With properly established credentials and lobby endpoint configured, the device can then be routed to any end AWS account at any point in its lifecycle with the Device Lobby administrator APIs or console.

Cloud service components:

  • Device ledger table – The device ledger table is implemented as a global DynamoDB table that holds the device identity and target account/Region association. The device certificate fingerprint serves as the primary key for the table. New fingerprint entries are made by either:

  • The Bouncer Lambda for new, unclaimed devices connecting to the service, or

  • Administrators using the AppSync APIs and/or web console.

  • Bouncer Lambda – This Lambda function is responsible for admitting devices to connect to the Device Lobby account. In the example implementation, the Just-in-time Registration flow is used to verify a device’s certificate against a trusted CA, register the device certificate, extract the Thing name and register or activate the device so it can connect to the Device Lobby account with minimal permissions. Other access methods to the lobby are possible, such as fleet provisioning or the custom authorizer feature of IoT Core.

  • Receptionist Lambda – Once a device has successfully connected to the lobby account, this Lambda function is cued through the basic ingest lobby rule, where the device publishes to announce its presence in the lobby. The lobby rule extracts the certificate ID or fingerprint from the certificate used for the connection and device name from the MQTT client ID, and passes any other MQTT payload data on to the Receptionist Lambda. When initiated by a device announcement, the Lambda function will attempt to retrieve the commissioned IoT endpoint for the fingerprint and will publish it back on the device-specific lobby topic. If no endpoint exists in the ledger table, the function does nothing and the device can loiter in the lobby indefinitely, periodically announcing its presence until a commissioned IoT endpoint is returned.

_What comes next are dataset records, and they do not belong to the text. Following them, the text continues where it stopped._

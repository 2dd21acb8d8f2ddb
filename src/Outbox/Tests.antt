-- ===== src/Outbox/Tests.antt =====
-- The theorems of the outbox on a table of three entries, and on what a claim leaves of them.
use multi_rail_payments_proc.Prelude.{
  Bool, ◌&&◌, ◌≡◌, ◌≤◌, refl, true, false, none, some, List, [], ◌∷◌, arith, All, any, length,
}
use multi_rail_payments_proc.Prelude.Sort.{filter, insert_sorted, sort_by, count}
use multi_rail_payments_proc.Outbox.{
  OutboxData, OutboxEntity, pending, processing, sent, balance_updated, balance_failed, is_pending,
  member, ids_of, from_domain, create, reset_row, reset_stuck, claim_row, oldest_pending,
  find_pending, mark_sent_row, mark_sent, retry_row, increment_retries,
}
use multi_rail_payments_proc.Outbox.Publish.{
  LedgerPublishers, ledger_route, route_entry, route_all, claim, settle, publish,
}
use multi_rail_payments_proc.Outbox.Round.{UniqueIds, found_entries, is_poison, publish-poisoned}
use multi_rail_payments_proc.Outbox.Drain.{IsTaken, is_waiting, publish_rounds}
use multi_rail_payments_proc.Outbox.Oldest.{
  AreOldestFirst, IsTurn, at_most, oldest_pending-AreOldestFirst,
}
use multi_rail_payments_proc.Outbox.Delivery.{
  OutboxWorld, OutboxReach, start, more, creates, begins, stops, IsSafe,
}
use multi_rail_payments_proc.Outbox.Delivery.Safe.{OutboxReach-IsSafe, OutboxReach-drained}

-- The publisher of failures is down.
abbrev publishers : LedgerPublishers
publishers = record {
  publish_success = λ payload. true;
  publish_failed = λ payload. false;
  publish_projection = λ payload. true;
}

abbrev updated_entry : OutboxEntity
updated_entry = record {
  id = 1;
  event = balance_updated;
  payload = 10;
  status = pending;
  created_at = 200;
  sent_at = none;
  processing_at = none;
  retries = 0;
}

abbrev failed_entry : OutboxEntity
failed_entry = record updated_entry { id = 2; event = balance_failed; created_at = 100 }

abbrev stuck_entry : OutboxEntity
stuck_entry = record updated_entry {
  id = 3;
  status = processing;
  processing_at = some 50;
  created_at = 50;
}

abbrev table : List OutboxEntity
table = updated_entry ∷ failed_entry ∷ stuck_entry ∷ []

abbrev worn_table : List OutboxEntity
worn_table = updated_entry ∷ record failed_entry { retries = 32767 } ∷ []

table-published : publish (ledger_route publishers) true 300100 300101 table ≡ (
    record updated_entry { status = sent; processing_at = some 300100; sent_at = some 300101 }
    ∷ record failed_entry { retries = 1 }
    ∷ record stuck_entry { status = sent; processing_at = some 300100; sent_at = some 300101 }
    ∷ [])
unfolding publish claim find_pending reset_stuck reset_row oldest_pending sort_by insert_sorted
    claim_row route_all route_entry ledger_route settle mark_sent mark_sent_row increment_retries
    retry_row
table-published = refl

worn_table-UniqueIds : UniqueIds worn_table
worn_table-UniqueIds =
    ((λ e. refl, (λ e. ground (arith, e), tt)), ((λ e. ground (arith, e), (λ e. refl, tt)), tt))

worn_table-poisoned :
    any
      (is_poison (ledger_route publishers) (found_entries true 300 worn_table))
      (reset_stuck 300 worn_table)
    ≡ true
unfolding reset_stuck reset_row oldest_pending sort_by insert_sorted ledger_route
worn_table-poisoned = refl

publish-poisoned_example :
    All
      (λ (r : OutboxEntity). r.status ≡ processing)
      (filter
        (λ (r : OutboxEntity). member r.id (ids_of (found_entries true 300 worn_table)))
        (publish (ledger_route publishers) true 300 301 worn_table))
publish-poisoned_example =
    publish-poisoned (ledger_route publishers) true 300 301 worn_table worn_table-UniqueIds
      worn_table-poisoned

oldest_pending-AreOldestFirst_example :
    (length (oldest_pending 1 table) ≡ at_most 1 (count is_pending table))
    × ((p : OutboxEntity → Bool)
        → count p (oldest_pending 1 table) ≤ count (λ e. p e && is_pending e) table)
    × (AreOldestFirst (oldest_pending 1 table)
        × All (IsTurn (oldest_pending 1 table)) (filter is_pending table))
oldest_pending-AreOldestFirst_example = oldest_pending-AreOldestFirst 1 table

-- An entry is created, a process claims it and stops.
abbrev new_data : OutboxData
new_data = record { id = 1; event = balance_updated; payload = 10 }

abbrev claimed_world : OutboxWorld
claimed_world = record {
  rows = record updated_entry { status = processing; processing_at = some 300 } ∷ [];
  created = 1 ∷ [];
  published = [];
  running = [];
}

claimed_world-reached : OutboxReach claimed_world
unfolding claim find_pending reset_stuck reset_row oldest_pending sort_by insert_sorted claim_row
    create from_domain
claimed_world-reached =
    more (more (more start (creates 200 new_data (updated_entry ∷ []) refl)) (begins true 300)) (
      stops [] []
        (record { todo = updated_entry ∷ []; routed = record { sent_ids = []; failed_ids = [] } })
        refl)

OutboxReach-IsSafe_example : IsSafe claimed_world
OutboxReach-IsSafe_example = OutboxReach-IsSafe claimed_world-reached

claimed_world-IsTaken : All (IsTaken (ledger_route publishers)) claimed_world.rows
unfolding ledger_route
claimed_world-IsTaken = (λ x e p. rw e refl, tt)

OutboxReach-drained_example :
    All
      (λ r. is_waiting r ≡ false)
      (publish_rounds (ledger_route publishers) ((300301, 300302) ∷ []) claimed_world.rows)
OutboxReach-drained_example =
    OutboxReach-drained (ledger_route publishers) claimed_world 300301 300302 []
      claimed_world-reached claimed_world-IsTaken (omega arith) (omega arith)
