-- ===== src/Payments.antt =====
-- apps/core/src/module/payment-intent: incoming payments, from a transfer to balance changes.
pub mod Model
pub mod Fee
pub mod Operations
pub mod Match
pub mod Convert
pub mod Classification
pub mod Settlement
pub mod Pairing
pub mod FeeParts
mod Tests
pub mod Inbox
pub mod Finalize
pub mod Batches
pub mod Process
pub mod Receipts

  • Commissioner Lambda – This function is responsible for watching the stream from the device ledger table and registering devices into the target account or Region using manual registration without a CA. The function registers a device only when a complete commissioning entry is available in the table. A complete entry includes the device certificate and Thing name provided by the device in the initial connection to the lobby, and a target account or Region that has been written by the administrative APIs. The function assumes a role in the target account with the appropriate permissions to read the target IoT endpoint and register certificates, Thing names, and policies. Once the device and certificate are registered in the target account, the function writes the commissioned IoT endpoint to the device entry in the ledger table, indicating that the device has been successfully registered in the target.

  • Administrative APIs and web portal – Administration of the device ledger table is performed through AWS AppSync GraphQL APIs that are authenticated by Amazon Cognito. The enables strict access control to the device ledger table using administrator-specified user pools. From an administrative standpoint, only the device fingerprint (QR code) and the target account or Region are needed to claim and route devices through the lobby. The sample web portal provides a basic, authenticated React application for monitoring devices in the lobby, and claiming them with using a built in QR code reader function.

  • Target AWS account – To receive devices routed by the lobby, the target account must have a role defined for the Commissioner Lambda function to assume and the trust linkage established back to the Commissioner Lambda function Amazon Resource Name (ARN) in the lobby account.

The goal of the device lobby architecture is to enable device manufacturers or product teams to produce single-SKU IoT devices that can be easily and securely onboarded by service operators to any AWS account/Region by simply scanning a QR code.

A reference implementation and quickstart guide for the Device Lobby architecture is available on the aws-samples Github repository, which includes a CloudFormation template, deployment scripts, admin console web app with QR reader, and sample device implementations.